Item 2. Management’s Discussion and Analysis of Financial Condition and Results of Operations
Forward-Looking Statements
In addition to historical information contained herein, this discussion contains “forward-looking statements” within the meaning of the Private Securities Litigation Reform Act of 1995, subject to various risks and uncertainties that could cause our actual results to differ materially from those in the “forward-looking” statements. While we believe our forward-looking statements are based upon reasonable assumptions, there are factors that are difficult to predict and that are influenced by economic and other conditions beyond our control. Investors are directed to consider such risks and other uncertainties discussed in documents filed by the Company with the Securities and Exchange Commission.
Results of Operations
The merger between Royale Energy and Matrix Oil Management was completed during the first quarter of 2018. For the period in 2018, the consolidated amounts represented here are for the nine-month period for Royale Energy, Inc. and the seven-month period from March through September for Matrix Oil Management and its subsidiaries. For a further discussion regarding the 2018 merger and subsequent sale of oil and gas assets to RMX Resources, LLC, please refer to our 2018 Form 10-K.

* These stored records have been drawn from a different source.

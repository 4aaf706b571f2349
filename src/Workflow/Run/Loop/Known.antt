-- ===== src/Workflow/Run/Loop/Known.antt =====
-- Scheduling and buffering in core/src/workflow/workflow.ts do not throw for names of the graph's nodes.
use adk_js.Prelude.{
  ◌≡◌, refl, sym, ap, ◌∙◌, inl, inr, String, true, false, Option, none, some, List, [], ◌∷◌, ◌++◌,
  All, arith, eq_iff, str_eq, Bool-cases, Option-cases,
}
use adk_js.Prelude.Dict.{Dict, lookup, has, lookup-put, lookup-remove}
use adk_js.Prelude.Names.{insert, All-of_contains}
use adk_js.Workflow.Graph.{BaseNode}
use adk_js.Workflow.Graph.Nodes.{is_named}
use adk_js.Workflow.Run.State.{LoopState, Setting, Trigger, running}
use adk_js.Workflow.Run.{
  find_node, push_trigger, triggers_or_nil, keys, put_rest, prepare_node_state_for_starting,
  counter_of, create_node_state,
}
use adk_js.Workflow.Run.Loop.{
  Visit, skip, stop, start, throw, visit, start_node_task, schedule, schedule_ready_nodes,
  buffer_one, buffer_all, join_trigger, predecessors, all_completed, settled, take_prior,
}
use adk_js.Workflow.Run.Loop.Consistent.{has-put}
use adk_js.Workflow.Run.Loop.Starting.{start_node_task-Started}
use adk_js.Workflow.Run.Loop.Quiet.{keys-contains}
use adk_js.Workflow.Run.Loop.Scheduling.{
  CanStart, Visited, skips, stops, starts, throws, visit-Visited, prepared,
}

pub find_node_named :
    (ns : List BaseNode) (name : String)
    → is_named ns name ≡ true
    → (n : BaseNode) × (find_node ns name ≡ some n)
find_node_named (n ∷ ns) name h = elim (Bool-cases (str_eq n.name name)) [
  | inl e ↦ (n, ground (arith, e))
  | inr e ↦ let (m, k) = find_node_named ns name (ground (arith, e, h)) in (m, ground (arith, e, k))
]
find_node_named [] name h = absurd (false_not_true h)
  where
    false_not_true : false ≡ true → ⊥
    false_not_true k = cc

module _ {V : Type 0} (c : Setting V) where
  -- Pending tasks and buffered triggers belong to nodes of the graph.
  pub record IsKnown (l : LoopState V) : Type 0 where
    pub tasks : (n : String) → has n l.pending ≡ true → is_named c.graph.nodes n ≡ true
    pub triggers : (n : String) → has n l.trigger_buffer ≡ true → is_named c.graph.nodes n ≡ true

  start_node_task_total :
      (l : LoopState V) (name : String) (t : Trigger V)
      → is_named c.graph.nodes name ≡ true
      → start_node_task c l name t ≡ none
      → ⊥
  unfolding start_node_task
  start_node_task_total l name t h e =
      let (node, found) = find_node_named c.graph.nodes name h in
      elim (Option-cases
        (settled c node (take_prior (record l { activated = insert name l.activated }) name).0)) [
          | inl a ↦ ground (arith, found, a, e)
          | inr (r, a) ↦ ground (arith, found, a, e)
        ]

  put_rest_known :
      (name n : String) (ts : List (Trigger V)) (d : Dict (List (Trigger V)))
      → has name d ≡ true
      → has n (put_rest name ts d) ≡ true
      → has n d ≡ true
  put_rest_known name n [] d h k = ground (arith, lookup-remove name n d, k, h, eq_iff name n)
  put_rest_known name n (t ∷ ts) d h k =
      ground (arith, lookup-put name n (t ∷ ts) d, k, h, eq_iff name n)

  CanStart-IsKnown :
      (l l' : LoopState V) (name : String) → IsKnown l → CanStart c l l' name → IsKnown l'
  unfolding prepare_node_state_for_starting
  CanStart-IsKnown l l' name v s =
      let cut = record l { trigger_buffer = put_rest name s.others l.trigger_buffer } in
      let m = prepare_node_state_for_starting cut name s.first in
      let state = record (create_node_state (counter_of (lookup name l.nodes))) {
        input = s.first.input;
        status = running;
      } in
      let t =
        start_node_task-Started c m l' name s.first state (prepared c cut name s.first) s.task in
      let there : has name l.trigger_buffer ≡ true = ground (arith, s.buffer) in
      record {
        tasks = λ n h.
            ground (arith, t.pending_of n, h, v.tasks n, v.triggers name, there, eq_iff name n);
        triggers = λ n h. v.triggers n (
            put_rest_known name n s.others l.trigger_buffer there
              (sym (ap (λ d. has n d) t.same_buffer) ∙ h));
      }

  -- A scheduling over names of the graph does not throw.
  abbrev pub Goes : Option (LoopState V) → Type 0
  Goes o = (l : LoopState V) × (o ≡ some l) × IsKnown l

  schedule_step :
      (name : String) (names : List String) (l : LoopState V) (v : Visit c)
      → ((k : LoopState V) → IsKnown k → Goes (schedule c k names))
      → IsKnown l
      → is_named c.graph.nodes name ≡ true
      → Visited c l name v
      → visit c l name ≡ v
      → Goes (schedule c l (name ∷ names))
  unfolding schedule
  schedule_step name names l skip IH k h (skips _) e =
      let (l', d, k') = IH l k in (l', ground (arith, e, d), k')
  schedule_step name names l stop IH k h (stops _) e = (l, ground (arith, e), k)
  schedule_step name names l (start m) IH k h (starts s) e =
      let (l', d, k') = IH m (CanStart-IsKnown l m name k s) in (l', ground (arith, e, d), k')
  schedule_step name names l throw IH k h (throws m t missing) e =
      absurd (start_node_task_total m name t h missing)

  schedule-Goes :
      (names : List String) (l : LoopState V)
      → All (λ n. is_named c.graph.nodes n ≡ true) names
      → IsKnown l
      → Goes (schedule c l names)
  unfolding schedule
  schedule-Goes [] l a k = (l, refl, k)
  schedule-Goes (name ∷ names) l (h, a) k =
      schedule_step name names l (visit c l name) (λ m. schedule-Goes names m a) k h
        (visit-Visited c l name) refl

  -- The buffer's names are of the graph, so the scheduling of ready nodes does not throw.
  pub schedule_ready_nodes-Goes : (l : LoopState V) → IsKnown l → Goes (schedule_ready_nodes c l)
  unfolding schedule_ready_nodes
  schedule_ready_nodes-Goes l k =
      schedule-Goes (keys l.trigger_buffer) l
        (All-of_contains (keys l.trigger_buffer) (λ n. is_named c.graph.nodes n ≡ true)
          (λ n h. k.triggers n (sym (keys-contains l.trigger_buffer n) ∙ h)))
        k

  pub push_trigger-IsKnown :
      (l : LoopState V) (name : String) (t : Trigger V)
      → is_named c.graph.nodes name ≡ true
      → IsKnown l
      → IsKnown (push_trigger l name t)
  unfolding push_trigger
  push_trigger-IsKnown l name t h k = record {
    tasks = k.tasks;
    triggers = λ n e. ground (
      arith,
      has-put name n (triggers_or_nil (lookup name l.trigger_buffer) ++ t ∷ []) l.trigger_buffer,
      e,
      h,
      k.triggers n,
      eq_iff name n,
    );
  }

  buffer_one-Goes :
      (l : LoopState V) (t : Trigger V) (target : String)
      → is_named c.graph.nodes target ≡ true
      → IsKnown l
      → Goes (buffer_one c l t target)
  unfolding buffer_one
  buffer_one-Goes l t target h k =
      let (node, found) = find_node_named c.graph.nodes target h in
      elim (Bool-cases node.requires_all_predecessors) [
        | inr any ↦ (
          push_trigger l target t,
          ground (arith, found, any),
          push_trigger-IsKnown l target t h k,
        )
        | inl each ↦ elim (Bool-cases (all_completed c l (predecessors c target))) [
          | inl all ↦ (
            push_trigger l target (join_trigger c l target),
            ground (arith, found, each, all),
            push_trigger-IsKnown l target (join_trigger c l target) h k,
          )
          | inr missing ↦ (l, ground (arith, found, each, missing), k)
        ]
      ]

  pub buffer_all-Goes :
      (targets : List String) (l : LoopState V) (t : Trigger V)
      → All (λ n. is_named c.graph.nodes n ≡ true) targets
      → IsKnown l
      → Goes (buffer_all c l t targets)
  unfolding buffer_all
  buffer_all-Goes [] l t a k = (l, refl, k)
  buffer_all-Goes (target ∷ targets) l t (h, a) k =
      let (m, e, km) = buffer_one-Goes l t target h k in
      let (l', d, k') = buffer_all-Goes targets m t a km in (l', ground (arith, e, d), k')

For the nine months ended September 30, 2019, we had a net loss of $800,566, when compared to the net loss of $19,701,406 during the nine months ended September 30, 2018. This difference was primarily due to the loss in the second quarter 2018 on the transfer of assets of $16,353,600 which was recorded upon the transfer of oil and gas properties to RMX and surface rights in exchange for cash and a 20 percent working interest in RMX under the Contribution Agreement. Under the Contribution Agreement, we also issued warrants to acquire 4,000,000 shares of Royale common stock and recorded a loss of $1,439,990. During the third quarter of 2019, we had a net income of $2,304,108, mainly due to a third quarter gain of $1,787,860 on Turnkey drilling. In the third quarter of 2018, we had a net income of $1,072,910 also mainly due to a $2,194,059 gain on Turnkey drilling during the period in 2018. Total revenues for the first nine months of 2019 and 2018 were $2,030,792 and $2,391,224, respectively.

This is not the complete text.